Records contained in a dataset
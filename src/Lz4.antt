-- ===== src/Lz4.antt =====
-- Blocks of LZ4: host-gcc/kompress/lz4cpy.S and lz4len.S. The registers that live from one pass
-- of the loop to the next are arguments: the offsets in SI, DI and BX, with the segments in DS and
-- ES. A loop that need not end is on fuel.
pub mod Len
pub mod Format
pub mod Held
pub mod Lengths
pub mod Pass
pub mod Steps
pub mod LenSteps
pub mod Room
pub mod Ends
pub mod Moved
pub mod Parts
pub mod Writes
pub mod Expand
pub mod Size
pub mod Examples
use libi.Base.{ℕ, zero, suc, ◌+◌, ◌-◌, ◌*◌, ◌/◌, ◌%◌, ◌^◌, true, false, Option, none, some}
use libi.Base.{ltb, leb, ◌==◌, if◌then◌else◌}
use libi.Memory.{Far, Memory, at, move_byte}

infixl 5 ◌>>=◌
abbrev pub ◌>>=◌ : {A B : Type 0} → Option A → (A → Option B) → Option B
none >>= f = none
some x >>= f = f x

-- `lodsb`, without the step of SI.
unfoldable pub lodsb : Memory → ℕ → ℕ → ℕ
unfolding at
lodsb mem ds si = mem (at (record { seg = ds; off = si }) 0)

-- `lodsw`
unfoldable pub lodsw : Memory → ℕ → ℕ → ℕ
unfolding at
lodsw mem ds si =
    mem (at (record { seg = ds; off = si }) 0) + 256 * mem (at (record { seg = ds; off = si }) 1)

-- An addition to a 16-bit register.
unfoldable pub addw : ℕ → ℕ → ℕ
addw a b = (a + b) % 2 ^ 16

-- `rep movsb` from the bytes `i`, with CX left to move.
unfoldable pub rep_movsb : Far → Far → ℕ → ℕ → Memory → Memory
unfolding move_byte
rep_movsb dest src i zero mem = mem
rep_movsb dest src i (suc cx) mem = rep_movsb dest src (i + 1) cx (move_byte dest src i mem)

-- The loop of `.full_len`: SI and CX behind it.
unfoldable pub add_bytes : ℕ → Memory → ℕ → ℕ → ℕ → Option (ℕ × ℕ)
unfolding lodsb addw
add_bytes zero mem ds si cx = none
add_bytes (suc fuel) mem ds si cx =
    let al = lodsb mem ds si in
    let rest = add_bytes fuel mem ds (addw si 1) (addw cx al) in
    if al == 0xff then rest else some (addw si 1, addw cx al)

-- `.full_len`. A segment without a byte other than 0xff is the only one that 2 ^ 16 rounds do not
-- see through.
unfoldable pub full_len : Memory → ℕ → ℕ → ℕ → Option (ℕ × ℕ)
full_len mem ds si cx = if cx == 0x0f then add_bytes (2 ^ 16) mem ds si cx else some (si, cx)

-- The literals of one pass of `.loopy`: SI, DI and the memory behind them.
unfoldable pub copy_literals : ℕ → ℕ → ℕ → ℕ → ℕ → Memory → Option (ℕ × ℕ × Memory)
unfolding full_len rep_movsb addw
copy_literals ds es dl si di mem = do
  (si', cx) ← full_len mem ds si (dl / 2 ^ 4)
  let dest : Far = record { seg = es; off = di }
  let src : Far = record { seg = ds; off = si' }
  some (addw si' cx, addw di cx, rep_movsb dest src 0 cx mem)

-- The match of one pass of `.loopy`, from `lodsw`.
unfoldable pub copy_match : ℕ → ℕ → ℕ → ℕ → ℕ → Memory → Option (ℕ × ℕ × Memory)
unfolding full_len rep_movsb addw lodsw
copy_match ds es dl si di mem = do
  let ax = lodsw mem ds si
  (si', cx) ← full_len mem ds (addw si 2) (dl % 2 ^ 4)
  let dest : Far = record { seg = es; off = di }
  let src : Far = record { seg = es; off = (di + (2 ^ 16 - ax)) % 2 ^ 16 }
  some (si', addw di (addw cx 4), rep_movsb dest src 0 (addw cx 4) mem)

-- The loop from `.loopy` to `.done`: DI and the memory behind it.
unfoldable pub copy_loop : ℕ → ℕ → ℕ → ℕ → ℕ → ℕ → Memory → Option (ℕ × Memory)
unfolding copy_literals copy_match lodsb addw
copy_loop zero ds es bx si di mem = none
copy_loop (suc fuel) ds es bx si di mem = elim (ltb si bx) [
  | false ↦ some (di, mem)
  | true ↦ do
    let dl = lodsb mem ds si
    (si', di', mem') ← copy_literals ds es dl (addw si 1) di mem
    elim (ltb si' bx) [
      | false ↦ some (di', mem')
      | true ↦ do
        (si'', di'', mem'') ← copy_match ds es dl si' di' mem'
        copy_loop fuel ds es bx si'' di'' mem''
    ]
]

-- `_lz4cpy`, with fuel for the passes of the loop.
unfoldable pub lz4cpy : ℕ → Far → Far → ℕ → Memory → Option (Far × Memory)
unfolding copy_loop addw
lz4cpy fuel dest blk_src blk_sz mem = do
  (di, mem') ←
      (copy_loop fuel blk_src.seg dest.seg (addw blk_src.off blk_sz) blk_src.off dest.off mem)
  some (record { seg = dest.seg; off = di }, mem')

ASSIGNMENT
Lines after the one containing "-- of the loop" are left out; every line from the start of the entries through that line is restated word for word.

EXERCISE OUTPUT
filename src/Lz4.antt
-- ===== src/Lz4.antt =====
-- Blocks of LZ4: host-gcc/kompress/lz4cpy.S and lz4len.S. The registers that live from one pass
-- of the loop to the next are arguments: the offsets in SI, DI and BX, with the segments in DS and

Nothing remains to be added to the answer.